What to produce: All of the records below are to be copied exactly.

Supplied data START

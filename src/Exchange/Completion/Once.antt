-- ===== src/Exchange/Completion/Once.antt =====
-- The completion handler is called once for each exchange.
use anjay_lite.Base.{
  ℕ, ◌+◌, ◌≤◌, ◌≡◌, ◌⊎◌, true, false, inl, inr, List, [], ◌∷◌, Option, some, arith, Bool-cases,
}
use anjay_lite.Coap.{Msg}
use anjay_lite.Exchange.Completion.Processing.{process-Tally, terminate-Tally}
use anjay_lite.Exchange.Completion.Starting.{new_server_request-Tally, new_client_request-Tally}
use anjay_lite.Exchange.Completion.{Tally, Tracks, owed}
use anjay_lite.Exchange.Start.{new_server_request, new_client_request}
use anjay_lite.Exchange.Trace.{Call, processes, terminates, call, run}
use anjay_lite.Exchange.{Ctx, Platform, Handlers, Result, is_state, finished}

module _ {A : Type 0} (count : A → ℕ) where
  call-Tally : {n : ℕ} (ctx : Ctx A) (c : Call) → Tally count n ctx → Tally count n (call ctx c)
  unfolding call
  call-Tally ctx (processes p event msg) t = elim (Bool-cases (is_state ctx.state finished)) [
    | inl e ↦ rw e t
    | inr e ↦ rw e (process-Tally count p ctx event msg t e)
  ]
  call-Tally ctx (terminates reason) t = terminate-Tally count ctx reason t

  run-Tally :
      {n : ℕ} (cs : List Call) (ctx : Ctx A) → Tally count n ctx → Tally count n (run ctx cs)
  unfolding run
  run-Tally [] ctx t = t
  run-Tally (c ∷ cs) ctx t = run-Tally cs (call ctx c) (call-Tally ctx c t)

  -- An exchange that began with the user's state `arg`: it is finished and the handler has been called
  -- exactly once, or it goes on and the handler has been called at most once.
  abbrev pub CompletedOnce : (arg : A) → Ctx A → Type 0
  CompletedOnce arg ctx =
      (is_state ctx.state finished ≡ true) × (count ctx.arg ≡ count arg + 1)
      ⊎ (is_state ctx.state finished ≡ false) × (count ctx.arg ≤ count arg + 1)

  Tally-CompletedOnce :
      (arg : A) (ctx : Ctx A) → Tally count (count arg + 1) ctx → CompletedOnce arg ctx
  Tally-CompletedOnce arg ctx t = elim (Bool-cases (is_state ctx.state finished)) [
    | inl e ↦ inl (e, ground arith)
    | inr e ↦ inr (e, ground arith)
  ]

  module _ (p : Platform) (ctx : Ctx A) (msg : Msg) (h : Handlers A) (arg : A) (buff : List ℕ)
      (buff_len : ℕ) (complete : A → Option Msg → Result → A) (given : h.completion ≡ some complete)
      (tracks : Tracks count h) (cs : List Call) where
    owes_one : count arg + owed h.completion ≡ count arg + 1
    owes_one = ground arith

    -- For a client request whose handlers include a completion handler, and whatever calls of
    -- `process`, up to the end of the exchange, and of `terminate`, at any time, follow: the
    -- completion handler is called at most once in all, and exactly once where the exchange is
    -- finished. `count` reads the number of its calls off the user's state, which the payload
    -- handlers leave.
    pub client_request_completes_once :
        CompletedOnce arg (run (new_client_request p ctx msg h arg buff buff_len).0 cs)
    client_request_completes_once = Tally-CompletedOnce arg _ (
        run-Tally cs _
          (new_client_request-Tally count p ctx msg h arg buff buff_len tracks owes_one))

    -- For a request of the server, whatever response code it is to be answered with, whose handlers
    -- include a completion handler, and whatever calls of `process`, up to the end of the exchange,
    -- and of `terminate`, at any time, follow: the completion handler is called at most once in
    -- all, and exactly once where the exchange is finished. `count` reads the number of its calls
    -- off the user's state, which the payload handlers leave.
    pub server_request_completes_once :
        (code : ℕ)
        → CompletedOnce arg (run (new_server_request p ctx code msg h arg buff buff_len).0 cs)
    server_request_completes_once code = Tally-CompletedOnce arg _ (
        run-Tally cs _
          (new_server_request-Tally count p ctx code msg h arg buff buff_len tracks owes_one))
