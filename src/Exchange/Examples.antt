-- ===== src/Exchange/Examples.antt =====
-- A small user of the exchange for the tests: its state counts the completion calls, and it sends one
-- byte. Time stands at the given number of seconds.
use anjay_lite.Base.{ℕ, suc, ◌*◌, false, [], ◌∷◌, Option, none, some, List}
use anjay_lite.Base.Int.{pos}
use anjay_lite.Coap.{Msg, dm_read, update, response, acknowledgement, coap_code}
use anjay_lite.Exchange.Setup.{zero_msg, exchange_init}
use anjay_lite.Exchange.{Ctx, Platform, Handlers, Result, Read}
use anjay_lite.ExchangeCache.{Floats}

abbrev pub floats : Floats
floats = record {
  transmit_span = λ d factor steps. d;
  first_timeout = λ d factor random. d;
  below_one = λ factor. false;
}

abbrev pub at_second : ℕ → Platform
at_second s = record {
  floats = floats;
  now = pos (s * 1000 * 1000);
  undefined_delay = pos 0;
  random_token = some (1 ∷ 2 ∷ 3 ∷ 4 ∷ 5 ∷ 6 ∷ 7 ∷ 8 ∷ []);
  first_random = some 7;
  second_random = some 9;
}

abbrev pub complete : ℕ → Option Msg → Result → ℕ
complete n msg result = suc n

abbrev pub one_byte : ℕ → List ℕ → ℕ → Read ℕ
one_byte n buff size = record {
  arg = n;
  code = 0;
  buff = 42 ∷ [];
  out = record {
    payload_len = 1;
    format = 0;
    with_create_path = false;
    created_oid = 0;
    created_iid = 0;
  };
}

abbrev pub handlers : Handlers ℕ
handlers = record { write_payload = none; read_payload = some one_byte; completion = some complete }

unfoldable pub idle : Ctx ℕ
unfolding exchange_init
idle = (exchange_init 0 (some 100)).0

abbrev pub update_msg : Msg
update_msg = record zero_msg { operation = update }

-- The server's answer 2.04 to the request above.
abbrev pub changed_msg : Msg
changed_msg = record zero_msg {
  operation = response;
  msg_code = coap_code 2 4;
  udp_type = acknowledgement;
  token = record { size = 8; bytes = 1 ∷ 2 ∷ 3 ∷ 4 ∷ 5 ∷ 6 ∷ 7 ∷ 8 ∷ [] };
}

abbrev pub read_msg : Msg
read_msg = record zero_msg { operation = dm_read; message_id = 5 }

Supplied data END

The answer:
filename src/Exchange/Completion/Once.antt
-- ===== src/Exchange/Completion/Once.antt =====
-- The completion handler is called once for each exchange.
use anjay_lite.Base.{
  ℕ, ◌+◌, ◌≤◌, ◌≡◌, ◌⊎◌, true, false, inl, inr, List, [], ◌∷◌, Option, some, arith, Bool-cases,
}
use anjay_lite.Coap.{Msg}
use anjay_lite.Exchange.Completion.Processing.{process-Tally, terminate-Tally}
use anjay_lite.Exchange.Completion.Starting.{new_server_request-Tally, new_client_request-Tally}
use anjay_lite.Exchange.Completion.{Tally, Tracks, owed}
use anjay_lite.Exchange.Start.{new_server_request, new_client_request}
use anjay_lite.Exchange.Trace.{Call, processes, terminates, call, run}
use anjay_lite.Exchange.{Ctx, Platform, Handlers, Result, is_state, finished}

module _ {A : Type 0} (count : A → ℕ) where
  call-Tally : {n : ℕ} (ctx : Ctx A) (c : Call) → Tally count n ctx → Tally count n (call ctx c)
  unfolding call
  call-Tally ctx (processes p event msg) t = elim (Bool-cases (is_state ctx.state finished)) [
    | inl e ↦ rw e t
    | inr e ↦ rw e (process-Tally count p ctx event msg t e)
  ]
  call-Tally ctx (terminates reason) t = terminate-Tally count ctx reason t

  run-Tally :
      {n : ℕ} (cs : List Call) (ctx : Ctx A) → Tally count n ctx → Tally count n (run ctx cs)
  unfolding run
  run-Tally [] ctx t = t
  run-Tally (c ∷ cs) ctx t = run-Tally cs (call ctx c) (call-Tally ctx c t)

  -- An exchange that began with the user's state `arg`: it is finished and the handler has been called
  -- exactly once, or it goes on and the handler has been called at most once.
  abbrev pub CompletedOnce : (arg : A) → Ctx A → Type 0
  CompletedOnce arg ctx =
      (is_state ctx.state finished ≡ true) × (count ctx.arg ≡ count arg + 1)
      ⊎ (is_state ctx.state finished ≡ false) × (count ctx.arg ≤ count arg + 1)

  Tally-CompletedOnce :
      (arg : A) (ctx : Ctx A) → Tally count (count arg + 1) ctx → CompletedOnce arg ctx
  Tally-CompletedOnce arg ctx t = elim (Bool-cases (is_state ctx.state finished)) [
    | inl e ↦ inl (e, ground arith)
    | inr e ↦ inr (e, ground arith)
  ]

  module _ (p : Platform) (ctx : Ctx A) (msg : Msg) (h : Handlers A) (arg : A) (buff : List ℕ)
      (buff_len : ℕ) (complete : A → Option Msg → Result → A) (given : h.completion ≡ some complete)
      (tracks : Tracks count h) (cs : List Call) where
    owes_one : count arg + owed h.completion ≡ count arg + 1
    owes_one = ground arith

    -- For a client request whose handlers include a completion handler, and whatever calls of
    -- `process`, up to the end of the exchange, and of `terminate`, at any time, follow: the
    -- completion handler is called at most once in all, and exactly once where the exchange is
    -- finished. `count` reads the number of its calls off the user's state, which the payload
    -- handlers leave.
    pub client_request_completes_once :
        CompletedOnce arg (run (new_client_request p ctx msg h arg buff buff_len).0 cs)
    client_request_completes_once = Tally-CompletedOnce arg _ (
        run-Tally cs _
          (new_client_request-Tally count p ctx msg h arg buff buff_len tracks owes_one))

    -- For a request of the server, whatever response code it is to be answered with, whose handlers
    -- include a completion handler, and whatever calls of `process`, up to the end of the exchange,
    -- and of `terminate`, at any time, follow: the completion handler is called at most once in
    -- all, and exactly once where the exchange is finished. `count` reads the number of its calls
    -- off the user's state, which the payload handlers leave.
    pub server_request_completes_once :
        (code : ℕ)
        → CompletedOnce arg (run (new_server_request p ctx code msg h arg buff buff_len).0 cs)
    server_request_completes_once code = Tally-CompletedOnce arg _ (
        run-Tally cs _
          (new_server_request-Tally count p ctx code msg h arg buff buff_len tracks owes_one))
filename src/Exchange/Examples.antt
-- ===== src/Exchange/Examples.antt =====
-- A small user of the exchange for the tests: its state counts the completion calls, and it sends one
-- byte. Time stands at the given number of seconds.
use anjay_lite.Base.{ℕ, suc, ◌*◌, false, [], ◌∷◌, Option, none, some, List}
use anjay_lite.Base.Int.{pos}
use anjay_lite.Coap.{Msg, dm_read, update, response, acknowledgement, coap_code}
use anjay_lite.Exchange.Setup.{zero_msg, exchange_init}
use anjay_lite.Exchange.{Ctx, Platform, Handlers, Result, Read}
use anjay_lite.ExchangeCache.{Floats}

abbrev pub floats : Floats
floats = record {
  transmit_span = λ d factor steps. d;
  first_timeout = λ d factor random. d;
  below_one = λ factor. false;
}

abbrev pub at_second : ℕ → Platform
at_second s = record {
  floats = floats;
  now = pos (s * 1000 * 1000);
  undefined_delay = pos 0;
  random_token = some (1 ∷ 2 ∷ 3 ∷ 4 ∷ 5 ∷ 6 ∷ 7 ∷ 8 ∷ []);
  first_random = some 7;
  second_random = some 9;
}

abbrev pub complete : ℕ → Option Msg → Result → ℕ
complete n msg result = suc n

abbrev pub one_byte : ℕ → List ℕ → ℕ → Read ℕ
one_byte n buff size = record {
  arg = n;
  code = 0;
  buff = 42 ∷ [];
  out = record {
    payload_len = 1;
    format = 0;
    with_create_path = false;
    created_oid = 0;
    created_iid = 0;
  };
}

abbrev pub handlers : Handlers ℕ
handlers = record { write_payload = none; read_payload = some one_byte; completion = some complete }

unfoldable pub idle : Ctx ℕ
unfolding exchange_init
idle = (exchange_init 0 (some 100)).0

abbrev pub update_msg : Msg
update_msg = record zero_msg { operation = update }

-- The server's answer 2.04 to the request above.
abbrev pub changed_msg : Msg
changed_msg = record zero_msg {
  operation = response;
  msg_code = coap_code 2 4;
  udp_type = acknowledgement;
  token = record { size = 8; bytes = 1 ∷ 2 ∷ 3 ∷ 4 ∷ 5 ∷ 6 ∷ 7 ∷ 8 ∷ [] };
}

abbrev pub read_msg : Msg
read_msg = record zero_msg { operation = dm_read; message_id = 5 }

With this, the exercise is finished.